The Center Cannot Hold is the story of one woman’s journey through her experience of living with schizophrenia.

Parts of the book will send chills through your body.  The entirety of the story will move you emotionally and fill you with empathy.  It’s a heartbreaking, harrowing account of what a person with this disease might and likely does experience.  Offering the reader a semblance of and glimpse into what living within such a mind might be like.

You simply cannot imagine, and even on reading this and being given the barest, most removed impression (as in, from an outside perspective as the reader), just, wow.

witches

While I liked Shrill better, this one was quite good.  It had me laughing out loud several times.  Another great cultural critique by Linda West.

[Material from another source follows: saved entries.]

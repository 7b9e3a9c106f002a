-- ===== src/Orchestration/Freshness.antt =====
-- src/orchestration/domain/freshness_router.py, and the data sources of
-- src/orchestration/domain/entities.py. A time is a number of microseconds since the first
-- datetime, and a timedelta a number of them; a subtraction on one side of a comparison is an
-- addition on the other. `Uuid` is the type of UUIDs, `F` that of floats.
pub mod Laws
mod Intervals
mod Tests
use ai_augmented_generation.Prelude.{
  ℕ, ◌+◌, ◌-◌, ◌*◌, ◌/◌, ◌%◌, max, String, Bool, true, false, Option, none, some, List, [], ◌∷◌,
  ltb, leb, ◌==◌, nat_eq, if◌then◌else◌, length, drop,
}
use ai_augmented_generation.Prelude.Sort.{sorted_desc}

pub data SourceScope : Type 0 where
  tenant user : SourceScope

pub data IngestionRoute : Type 0 where
  rag_only cag_with_rag_backup mag : IngestionRoute

pub record DataSourceProfile : Type 0 where
  pub source_key : String
  pub scope : SourceScope
  pub expected_change_interval : ℕ

pub record FreshnessPolicy (F : Type 0) : Type 0 where
  pub volatile_below : ℕ
  pub demote_after_changes : ℕ
  pub promote_after_quiet_multiple : ℕ
  pub ttl_factor : Option F

pub record DataSource (Uuid : Type 0) : Type 0 where
  pub id : Uuid
  pub tenant_id : ℕ
  pub user_id : Option ℕ
  pub source_key : String
  pub scope : SourceScope
  pub expected_change_interval : ℕ
  pub route : IngestionRoute
  pub content_hash : String
  pub last_changed_at : ℕ
  pub last_ingested_at : ℕ
  pub cached_until : Option ℕ
  pub pending_hash : Option String

pub record MigrationDecision : Type 0 where
  pub to_route : IngestionRoute
  pub interval : ℕ

-- `_MIN_INTERVAL`
abbrev pub min_interval : ℕ
min_interval = 1000000

abbrev pub route_by_interval : SourceScope → ℕ → ℕ → IngestionRoute
route_by_interval user interval volatile_below = mag
route_by_interval tenant interval volatile_below =
    if ltb interval volatile_below then rag_only else cag_with_rag_backup

module _ {F : Type 0} where
  unfoldable pub route_for : DataSourceProfile → FreshnessPolicy F → IngestionRoute
  route_for profile policy =
      route_by_interval profile.scope profile.expected_change_interval policy.volatile_below

  -- `interval * policy.ttl_factor`; `scale` multiplies a timedelta by a float.
  abbrev pub scaled : (ℕ → F → ℕ) → ℕ → Option F → Option ℕ
  scaled scale interval none = none
  scaled scale interval (some factor) = some (scale interval factor)

  unfoldable pub cache_ttl : (ℕ → F → ℕ) → ℕ → FreshnessPolicy F → Option ℕ
  cache_ttl scale interval policy = scaled scale interval policy.ttl_factor

-- A timedelta over an int, rounded to the nearest, and half to the even.
pub divide_timedelta : ℕ → ℕ → ℕ
divide_timedelta a n =
    let q = a / n in
    let r = a % n in if ltb (2 * r) n then q else if ltb n (2 * r) then q + 1 else q + q % 2

-- `sorted(times)`
abbrev pub in_order : List ℕ → List ℕ
in_order times = sorted_desc ltb times

-- `times[-1]`, where there is a first
pub last_of : ℕ → List ℕ → ℕ
last_of t [] = t
last_of t (t' ∷ times) = last_of t' times

abbrev pub mean_gap : List ℕ → Option ℕ
mean_gap [] = none
mean_gap (t ∷ []) = none
mean_gap (t ∷ t' ∷ times) =
    some (divide_timedelta (last_of t (t' ∷ times) - t) (length (t' ∷ times)))

pub observed_change_interval : List ℕ → Option ℕ
observed_change_interval times = mean_gap (in_order times)

-- `history[-needed:]`
pub last_times : ℕ → List ℕ → List ℕ
last_times needed history = drop (length history - needed) history

-- `t for t in version_times if t <= now`
pub until : ℕ → List ℕ → List ℕ
until now [] = []
until now (t ∷ times) = if leb t now then t ∷ until now times else until now times

-- the decision to demote, with the interval that was observed
abbrev pub demotion : Option ℕ → Option MigrationDecision
demotion none = none
demotion (some interval) =
    some (record { to_route = rag_only; interval = max interval min_interval })

abbrev pub demote_recent : ℕ → ℕ → ℕ → List ℕ → Option MigrationDecision
demote_recent needed window now [] = none
demote_recent needed window now (t ∷ times) =
    if ltb (length (t ∷ times)) needed
    then none
    else if leb (t + window) now
    then none
    else demotion (observed_change_interval (t ∷ times))

abbrev pub promote_quiet : ℕ → ℕ → List ℕ → Option MigrationDecision
promote_quiet window now [] = none
promote_quiet window now (t ∷ times) =
    let quiet = now - last_of t times in
    if leb window quiet
    then some (record { to_route = cag_with_rag_backup; interval = quiet })
    else none

module _ {F : Type 0} (policy : FreshnessPolicy F) where
  pub decide_for : IngestionRoute → List ℕ → ℕ → Option MigrationDecision
  decide_for mag history now = none
  decide_for cag_with_rag_backup history now =
      demote_recent (policy.demote_after_changes + 1)
        (policy.volatile_below * policy.demote_after_changes) now
        (last_times (policy.demote_after_changes + 1) history)
  decide_for rag_only history now =
      promote_quiet (policy.volatile_below * policy.promote_after_quiet_multiple) now history

  pub decide_migration : {Uuid : Type 0} → DataSource Uuid → List ℕ → ℕ → Option MigrationDecision
  decide_migration source version_times now =
      decide_for source.route (in_order (until now version_times)) now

West writes, “We were just a hair’s breadth from electing America’s first female president to succeed America’s first black president. We weren’t done, but we were doing it. And then, true to form-like the Balrog’s whip catching Gandalf by his little gray bootie, like the husband in a Lifetime movie hissing, ‘If I can’t have you, no-one can’-white American voters shoved an incompetent, racist con man into the White House.”

most fun we ever had

I devoured this book.  The story was so engaging.  I love a well written, deeply drawn family saga, in which you get to know all the characters intimately, their relationships, dilemmas, strengths, and weaknesses.  It’s such fun to get lost in one of these.  In this story, we follow the lives of couple Marilyn and David, and their four adult daughters, Wendy, Violet, Liza, and Grace.  All of these relationships are, of course, layered with complications.  Aside from a couple of small beefs I felt as a result of certain moments the characters had (I was wishing for a more fulfilling confrontation with a couple of them), I found this an emotionally moving, fun, generally great read.